* DIRECTIONS FOR THIS TASK *
In the entries below, find the line with "password = p" and the line with "rw (same, delete-insert". Return those two lines and all lines between them, exactly.

====== RECORDS FOR THIS TASK

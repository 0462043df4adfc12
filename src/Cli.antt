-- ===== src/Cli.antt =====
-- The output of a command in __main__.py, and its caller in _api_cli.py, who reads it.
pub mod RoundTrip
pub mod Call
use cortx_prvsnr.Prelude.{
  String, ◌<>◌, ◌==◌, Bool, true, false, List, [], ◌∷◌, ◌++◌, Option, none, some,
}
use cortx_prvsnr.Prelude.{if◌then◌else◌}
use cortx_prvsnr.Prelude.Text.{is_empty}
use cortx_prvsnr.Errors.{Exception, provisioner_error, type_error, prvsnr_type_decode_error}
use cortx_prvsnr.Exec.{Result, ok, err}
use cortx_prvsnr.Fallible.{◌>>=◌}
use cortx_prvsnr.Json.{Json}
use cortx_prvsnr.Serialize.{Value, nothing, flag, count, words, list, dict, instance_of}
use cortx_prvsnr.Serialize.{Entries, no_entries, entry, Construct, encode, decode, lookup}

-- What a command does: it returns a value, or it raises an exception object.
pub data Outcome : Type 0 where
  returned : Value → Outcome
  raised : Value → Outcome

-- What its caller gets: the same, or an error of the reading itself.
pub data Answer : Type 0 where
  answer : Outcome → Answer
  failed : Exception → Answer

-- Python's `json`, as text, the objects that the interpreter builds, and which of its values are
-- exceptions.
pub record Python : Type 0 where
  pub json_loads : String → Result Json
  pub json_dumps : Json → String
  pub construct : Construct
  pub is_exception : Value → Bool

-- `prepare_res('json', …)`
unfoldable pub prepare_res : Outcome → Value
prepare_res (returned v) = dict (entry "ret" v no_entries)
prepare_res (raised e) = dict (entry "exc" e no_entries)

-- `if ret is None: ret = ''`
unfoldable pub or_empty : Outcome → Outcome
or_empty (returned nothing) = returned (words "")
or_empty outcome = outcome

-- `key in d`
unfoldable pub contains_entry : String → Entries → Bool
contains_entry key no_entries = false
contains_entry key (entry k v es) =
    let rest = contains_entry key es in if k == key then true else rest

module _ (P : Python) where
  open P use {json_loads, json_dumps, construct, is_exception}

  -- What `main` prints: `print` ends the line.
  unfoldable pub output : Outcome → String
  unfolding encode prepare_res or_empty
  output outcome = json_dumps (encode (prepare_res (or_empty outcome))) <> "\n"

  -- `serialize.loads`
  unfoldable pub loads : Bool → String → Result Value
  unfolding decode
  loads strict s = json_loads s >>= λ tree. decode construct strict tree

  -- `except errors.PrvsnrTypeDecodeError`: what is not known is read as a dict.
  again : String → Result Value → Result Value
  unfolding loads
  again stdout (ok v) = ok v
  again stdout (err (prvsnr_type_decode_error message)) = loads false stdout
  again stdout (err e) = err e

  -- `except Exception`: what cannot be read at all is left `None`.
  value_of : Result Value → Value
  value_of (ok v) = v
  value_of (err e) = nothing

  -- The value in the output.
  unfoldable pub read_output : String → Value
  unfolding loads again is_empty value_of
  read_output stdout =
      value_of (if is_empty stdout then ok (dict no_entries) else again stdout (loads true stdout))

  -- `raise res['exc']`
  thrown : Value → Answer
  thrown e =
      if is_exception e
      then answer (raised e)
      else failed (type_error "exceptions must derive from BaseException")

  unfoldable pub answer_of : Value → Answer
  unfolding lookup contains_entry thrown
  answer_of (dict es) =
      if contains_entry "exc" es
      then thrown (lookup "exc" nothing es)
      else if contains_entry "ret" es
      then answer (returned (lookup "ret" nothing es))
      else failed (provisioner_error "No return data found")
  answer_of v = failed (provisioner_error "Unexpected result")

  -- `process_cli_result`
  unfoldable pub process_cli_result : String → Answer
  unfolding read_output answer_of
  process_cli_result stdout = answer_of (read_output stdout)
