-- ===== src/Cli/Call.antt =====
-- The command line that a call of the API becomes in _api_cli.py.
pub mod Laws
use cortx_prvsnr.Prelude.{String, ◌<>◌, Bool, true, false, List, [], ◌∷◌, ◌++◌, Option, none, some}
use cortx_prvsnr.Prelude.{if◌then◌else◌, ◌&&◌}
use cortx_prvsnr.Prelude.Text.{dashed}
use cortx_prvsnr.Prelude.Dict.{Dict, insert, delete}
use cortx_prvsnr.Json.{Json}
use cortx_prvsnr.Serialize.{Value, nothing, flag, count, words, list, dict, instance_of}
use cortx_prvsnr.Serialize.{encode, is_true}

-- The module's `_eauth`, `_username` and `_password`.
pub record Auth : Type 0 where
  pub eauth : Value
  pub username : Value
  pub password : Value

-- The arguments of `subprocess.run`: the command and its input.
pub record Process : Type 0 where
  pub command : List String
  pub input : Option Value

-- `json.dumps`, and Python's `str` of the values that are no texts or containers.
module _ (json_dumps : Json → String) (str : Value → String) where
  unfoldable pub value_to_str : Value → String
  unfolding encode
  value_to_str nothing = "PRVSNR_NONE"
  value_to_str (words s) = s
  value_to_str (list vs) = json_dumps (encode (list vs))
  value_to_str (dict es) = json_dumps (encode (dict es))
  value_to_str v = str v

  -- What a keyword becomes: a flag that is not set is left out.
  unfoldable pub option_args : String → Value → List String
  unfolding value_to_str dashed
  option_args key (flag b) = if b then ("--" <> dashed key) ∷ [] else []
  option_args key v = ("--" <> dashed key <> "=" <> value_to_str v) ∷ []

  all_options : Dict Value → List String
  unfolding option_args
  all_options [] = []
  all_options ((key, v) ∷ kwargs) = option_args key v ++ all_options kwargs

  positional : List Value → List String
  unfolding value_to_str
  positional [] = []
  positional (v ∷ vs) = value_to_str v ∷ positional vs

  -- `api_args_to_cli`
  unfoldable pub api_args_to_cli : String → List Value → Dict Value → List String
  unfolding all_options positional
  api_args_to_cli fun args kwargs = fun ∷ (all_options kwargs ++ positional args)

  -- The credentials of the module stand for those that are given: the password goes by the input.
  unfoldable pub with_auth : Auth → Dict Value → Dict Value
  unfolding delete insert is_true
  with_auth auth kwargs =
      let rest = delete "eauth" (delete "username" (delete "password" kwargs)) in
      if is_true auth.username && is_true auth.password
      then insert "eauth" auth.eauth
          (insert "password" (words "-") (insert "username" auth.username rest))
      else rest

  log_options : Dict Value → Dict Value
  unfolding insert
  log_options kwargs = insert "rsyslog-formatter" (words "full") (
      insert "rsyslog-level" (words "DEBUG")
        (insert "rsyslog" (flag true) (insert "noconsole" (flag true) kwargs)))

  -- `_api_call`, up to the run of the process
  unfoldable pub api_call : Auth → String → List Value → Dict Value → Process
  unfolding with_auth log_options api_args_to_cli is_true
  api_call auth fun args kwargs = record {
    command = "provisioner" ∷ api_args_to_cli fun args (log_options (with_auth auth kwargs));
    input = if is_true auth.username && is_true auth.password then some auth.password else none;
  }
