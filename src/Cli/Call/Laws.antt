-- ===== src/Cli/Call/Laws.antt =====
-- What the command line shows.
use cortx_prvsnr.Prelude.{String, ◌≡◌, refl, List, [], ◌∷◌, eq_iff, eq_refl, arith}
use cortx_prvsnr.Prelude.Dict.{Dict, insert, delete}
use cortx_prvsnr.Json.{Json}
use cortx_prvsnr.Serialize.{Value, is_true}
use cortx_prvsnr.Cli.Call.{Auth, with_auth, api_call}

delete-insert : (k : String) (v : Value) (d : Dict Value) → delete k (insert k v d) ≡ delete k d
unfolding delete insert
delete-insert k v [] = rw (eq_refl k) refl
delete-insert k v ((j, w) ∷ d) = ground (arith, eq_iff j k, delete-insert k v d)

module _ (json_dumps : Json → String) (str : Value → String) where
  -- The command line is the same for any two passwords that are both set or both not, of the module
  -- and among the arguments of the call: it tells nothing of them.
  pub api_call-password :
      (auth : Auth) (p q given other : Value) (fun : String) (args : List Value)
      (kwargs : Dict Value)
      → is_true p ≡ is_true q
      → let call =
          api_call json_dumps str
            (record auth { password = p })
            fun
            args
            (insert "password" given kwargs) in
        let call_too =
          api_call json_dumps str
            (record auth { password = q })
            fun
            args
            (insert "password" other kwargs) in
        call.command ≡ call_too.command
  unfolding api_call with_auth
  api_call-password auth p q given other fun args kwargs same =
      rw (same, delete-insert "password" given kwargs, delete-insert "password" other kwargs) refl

============
====== RECORDS FOR THIS TASK

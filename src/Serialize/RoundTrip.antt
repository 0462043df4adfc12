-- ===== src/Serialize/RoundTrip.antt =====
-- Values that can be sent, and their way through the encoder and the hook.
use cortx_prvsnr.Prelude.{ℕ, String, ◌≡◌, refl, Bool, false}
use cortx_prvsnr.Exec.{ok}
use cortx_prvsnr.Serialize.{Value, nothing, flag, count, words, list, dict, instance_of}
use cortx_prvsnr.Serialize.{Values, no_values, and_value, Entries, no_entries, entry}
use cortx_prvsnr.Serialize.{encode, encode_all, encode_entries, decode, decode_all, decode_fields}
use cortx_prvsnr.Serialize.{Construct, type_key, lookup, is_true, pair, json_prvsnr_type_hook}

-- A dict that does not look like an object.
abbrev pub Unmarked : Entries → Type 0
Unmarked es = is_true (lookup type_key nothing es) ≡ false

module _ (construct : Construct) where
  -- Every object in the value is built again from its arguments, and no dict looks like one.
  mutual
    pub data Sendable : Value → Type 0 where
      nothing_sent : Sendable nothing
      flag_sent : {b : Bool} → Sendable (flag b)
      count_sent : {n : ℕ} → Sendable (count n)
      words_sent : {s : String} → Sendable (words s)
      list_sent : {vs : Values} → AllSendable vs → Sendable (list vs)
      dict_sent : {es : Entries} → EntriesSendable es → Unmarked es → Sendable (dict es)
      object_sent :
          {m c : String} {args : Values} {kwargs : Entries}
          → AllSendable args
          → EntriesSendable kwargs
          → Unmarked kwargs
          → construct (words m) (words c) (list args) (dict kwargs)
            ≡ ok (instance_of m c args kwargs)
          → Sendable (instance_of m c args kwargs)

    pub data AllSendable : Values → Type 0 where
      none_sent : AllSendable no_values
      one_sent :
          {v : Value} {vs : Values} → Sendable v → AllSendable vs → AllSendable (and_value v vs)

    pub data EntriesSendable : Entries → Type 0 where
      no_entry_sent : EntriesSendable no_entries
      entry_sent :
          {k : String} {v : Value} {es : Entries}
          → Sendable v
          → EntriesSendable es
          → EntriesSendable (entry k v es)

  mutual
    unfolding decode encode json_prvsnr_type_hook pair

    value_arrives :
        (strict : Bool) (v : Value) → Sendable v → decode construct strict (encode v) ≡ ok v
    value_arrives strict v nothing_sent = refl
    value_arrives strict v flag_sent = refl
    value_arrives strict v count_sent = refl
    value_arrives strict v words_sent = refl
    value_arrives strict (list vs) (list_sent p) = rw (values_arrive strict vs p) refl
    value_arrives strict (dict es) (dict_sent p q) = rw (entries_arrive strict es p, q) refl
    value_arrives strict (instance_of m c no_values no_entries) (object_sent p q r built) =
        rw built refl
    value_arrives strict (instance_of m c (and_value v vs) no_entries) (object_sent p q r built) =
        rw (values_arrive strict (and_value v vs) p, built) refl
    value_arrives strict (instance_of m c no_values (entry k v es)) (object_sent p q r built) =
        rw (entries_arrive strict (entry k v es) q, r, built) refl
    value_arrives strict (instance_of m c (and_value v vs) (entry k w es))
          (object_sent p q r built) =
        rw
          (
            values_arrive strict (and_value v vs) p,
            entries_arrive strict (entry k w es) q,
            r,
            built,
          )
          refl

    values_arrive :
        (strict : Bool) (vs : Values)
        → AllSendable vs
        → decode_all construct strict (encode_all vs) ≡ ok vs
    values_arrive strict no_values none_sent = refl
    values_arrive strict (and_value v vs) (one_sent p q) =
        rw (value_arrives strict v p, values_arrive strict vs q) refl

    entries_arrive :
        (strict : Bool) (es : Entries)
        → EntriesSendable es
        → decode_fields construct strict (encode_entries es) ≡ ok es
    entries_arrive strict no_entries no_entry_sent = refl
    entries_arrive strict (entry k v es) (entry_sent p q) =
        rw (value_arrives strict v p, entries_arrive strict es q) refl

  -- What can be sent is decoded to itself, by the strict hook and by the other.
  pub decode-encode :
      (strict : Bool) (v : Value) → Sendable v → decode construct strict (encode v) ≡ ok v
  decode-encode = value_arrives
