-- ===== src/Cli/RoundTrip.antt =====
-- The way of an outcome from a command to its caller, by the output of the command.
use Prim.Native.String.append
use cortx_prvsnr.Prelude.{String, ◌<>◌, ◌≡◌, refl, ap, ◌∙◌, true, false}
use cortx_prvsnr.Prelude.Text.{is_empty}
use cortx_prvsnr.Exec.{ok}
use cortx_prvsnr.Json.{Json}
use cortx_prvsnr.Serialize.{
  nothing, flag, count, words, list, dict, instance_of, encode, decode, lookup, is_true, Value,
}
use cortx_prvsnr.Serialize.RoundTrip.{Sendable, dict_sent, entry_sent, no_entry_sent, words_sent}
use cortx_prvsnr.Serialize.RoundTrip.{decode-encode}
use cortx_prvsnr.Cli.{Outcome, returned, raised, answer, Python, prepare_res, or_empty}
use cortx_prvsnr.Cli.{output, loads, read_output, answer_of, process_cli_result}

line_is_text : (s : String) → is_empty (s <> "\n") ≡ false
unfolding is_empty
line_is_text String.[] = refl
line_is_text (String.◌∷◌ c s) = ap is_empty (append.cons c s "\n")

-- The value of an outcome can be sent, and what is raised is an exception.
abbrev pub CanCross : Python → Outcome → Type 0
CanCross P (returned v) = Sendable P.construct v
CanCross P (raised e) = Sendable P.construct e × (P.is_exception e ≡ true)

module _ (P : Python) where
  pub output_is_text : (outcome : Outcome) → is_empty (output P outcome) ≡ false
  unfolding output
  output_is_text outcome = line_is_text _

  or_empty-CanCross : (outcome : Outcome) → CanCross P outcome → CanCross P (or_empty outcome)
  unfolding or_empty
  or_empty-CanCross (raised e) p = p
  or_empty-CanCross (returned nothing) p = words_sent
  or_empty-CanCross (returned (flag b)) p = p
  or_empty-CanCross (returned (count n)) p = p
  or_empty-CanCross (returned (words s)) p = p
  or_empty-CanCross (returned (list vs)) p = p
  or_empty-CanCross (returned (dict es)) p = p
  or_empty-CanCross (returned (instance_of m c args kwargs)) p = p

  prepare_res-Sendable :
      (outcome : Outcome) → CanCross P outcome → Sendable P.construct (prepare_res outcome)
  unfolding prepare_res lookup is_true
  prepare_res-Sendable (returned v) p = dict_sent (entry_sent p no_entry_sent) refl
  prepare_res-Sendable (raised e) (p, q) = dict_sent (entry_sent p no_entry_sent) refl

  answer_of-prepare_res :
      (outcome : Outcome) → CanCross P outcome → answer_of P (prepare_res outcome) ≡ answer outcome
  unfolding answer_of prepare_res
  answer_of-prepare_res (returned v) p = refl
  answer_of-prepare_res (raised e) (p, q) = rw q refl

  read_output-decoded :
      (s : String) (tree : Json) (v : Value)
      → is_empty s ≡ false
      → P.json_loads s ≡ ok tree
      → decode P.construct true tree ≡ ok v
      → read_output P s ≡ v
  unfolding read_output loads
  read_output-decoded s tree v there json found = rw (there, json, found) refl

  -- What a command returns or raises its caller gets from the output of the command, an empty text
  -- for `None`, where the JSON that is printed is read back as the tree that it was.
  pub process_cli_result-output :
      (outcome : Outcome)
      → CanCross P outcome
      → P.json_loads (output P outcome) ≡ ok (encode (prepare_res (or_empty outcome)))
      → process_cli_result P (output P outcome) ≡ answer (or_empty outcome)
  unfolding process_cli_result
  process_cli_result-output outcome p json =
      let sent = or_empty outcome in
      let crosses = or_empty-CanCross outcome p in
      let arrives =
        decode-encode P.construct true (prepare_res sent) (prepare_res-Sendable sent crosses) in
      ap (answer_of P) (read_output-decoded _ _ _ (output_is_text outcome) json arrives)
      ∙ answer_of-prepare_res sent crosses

============

* TASK OUTPUT *
            (record auth { password = p })
            fun
            args
            (insert "password" given kwargs) in
        let call_too =
          api_call json_dumps str
            (record auth { password = q })
            fun
            args
            (insert "password" other kwargs) in
        call.command ≡ call_too.command
  unfolding api_call with_auth
  api_call-password auth p q given other fun args kwargs same =
      rw (same, delete-insert "password" given kwargs, delete-insert "password" other kwargs) refl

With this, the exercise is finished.